Each line containing the string "PasswordResetToken" should be copied out of the entries.
START Provided data
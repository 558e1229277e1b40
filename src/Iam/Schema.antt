-- ===== src/Iam/Schema.antt =====
-- app/iam/service/internal/data/schema: one record per ent schema, and the tables together.
-- A text column is a String, a time column a number of nanoseconds since the zero time, an optional
-- column an Option. Validators (NotEmpty) and unique keys stand in Tables. Left out are the columns
-- that only keep a date of creation or of the last write and that no code modelled here reads, and
-- the display name and verification time of an authenticator, which nothing writes.
pub mod Tables
use servora_platform.Common.{ℕ, String, Bool, List, Option}

pub record User : Type 0 where
  pub id : String
  pub status : String
  pub name : Option String
  pub given_name : Option String
  pub family_name : Option String
  pub nickname : Option String
  pub preferred_username : Option String
  pub picture : Option String
  pub locale : Option String
  pub etag : String
  pub create_time : ℕ
  pub update_time : ℕ

pub record LoginIdentifier : Type 0 where
  pub id : String
  pub user_id : String
  pub type : String
  pub canonical_value : String
  pub display_value : String
  pub verified_time : Option ℕ

pub record Authenticator : Type 0 where
  pub id : String
  pub user_id : String
  pub type : String
  pub state : String
  pub display_name : Option String
  pub verified_time : Option ℕ
  pub last_used_time : Option ℕ
  pub revoked_time : Option ℕ
  pub create_time : ℕ
  pub update_time : ℕ

pub record PasswordAuthenticator : Type 0 where
  pub id : String
  pub authenticator_id : String
  pub password_hash : String
  pub changed_time : ℕ

pub record EmailVerificationToken : Type 0 where
  pub id : String
  pub user_id : String
  pub login_identifier_id : String
  pub token_hash : String
  pub expires_time : ℕ
  pub consumed_time : Option ℕ

pub record PasswordResetToken : Type 0 where
  pub id : String
  pub user_id : String
  pub token_hash : String
  pub expires_time : ℕ
  pub consumed_time : Option ℕ

pub record LoginSession : Type 0 where
  pub id : String
  pub user_id : String
  pub secret_hash : String
  pub create_time : ℕ
  pub last_seen_time : ℕ
  pub idle_expires_time : ℕ
  pub absolute_expires_time : ℕ
  pub revoked_time : Option ℕ

pub record OidcAuthorizationRequest : Type 0 where
  pub id : String
  pub client_id : String
  pub redirect_uri : String
  pub response_type : String
  pub response_mode : String
  pub scopes : List String
  pub state : Option String
  pub nonce : Option String
  pub pkce_challenge : String
  pub pkce_challenge_method : String
  pub subject : Option String
  pub iam_login_session_id : Option String
  pub auth_time : Option ℕ
  pub done : Bool
  pub expires_time : ℕ

pub record AuthorizationCode : Type 0 where
  pub id : String
  pub code_hash : String
  pub authorization_request_id : String
  pub token_session_id : Option String
  pub client_id : String
  pub subject : String
  pub redirect_uri : String
  pub scopes : List String
  pub pkce_challenge : String
  pub pkce_challenge_method : String
  pub expires_time : ℕ
  pub consumed_time : Option ℕ

pub record TokenSession : Type 0 where
  pub id : String
  pub user_id : String
  pub client_id : String
  pub iam_login_session_id : String
  pub refresh_family_id : String
  pub scopes : List String
  pub auth_time : ℕ
  pub amr : List String
  pub revoked_time : Option ℕ

pub record AccessToken : Type 0 where
  pub id : String
  pub token_session_id : String
  pub subject : String
  pub client_id : String
  pub scopes : List String
  pub issued_time : ℕ
  pub expires_time : ℕ
  pub revoked_time : Option ℕ

pub record RefreshToken : Type 0 where
  pub id : String
  pub token_session_id : String
  pub family_id : String
  pub token_hash : String
  pub parent_token_id : Option String
  pub issued_time : ℕ
  pub expires_time : ℕ
  pub consumed_time : Option ℕ
  pub revoked_time : Option ℕ

pub record Client : Type 0 where
  pub id : String
  pub secret_hash : String
  pub redirect_uris : List String
  pub allowed_grant_types : List String
  pub allowed_response_types : List String
  pub allowed_scopes : List String
  pub trusted : Bool

-- The database: a list of rows for each table.
pub record Db : Type 0 where
  pub users : List User
  pub identifiers : List LoginIdentifier
  pub authenticators : List Authenticator
  pub passwords : List PasswordAuthenticator
  pub verification_tokens : List EmailVerificationToken
  pub reset_tokens : List PasswordResetToken
  pub login_sessions : List LoginSession
  pub requests : List OidcAuthorizationRequest
  pub codes : List AuthorizationCode
  pub token_sessions : List TokenSession
  pub access_tokens : List AccessToken
  pub refresh_tokens : List RefreshToken
  pub clients : List Client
END Provided data
• [Completed task]
pub record PasswordResetToken : Type 0 where
  pub reset_tokens : List PasswordResetToken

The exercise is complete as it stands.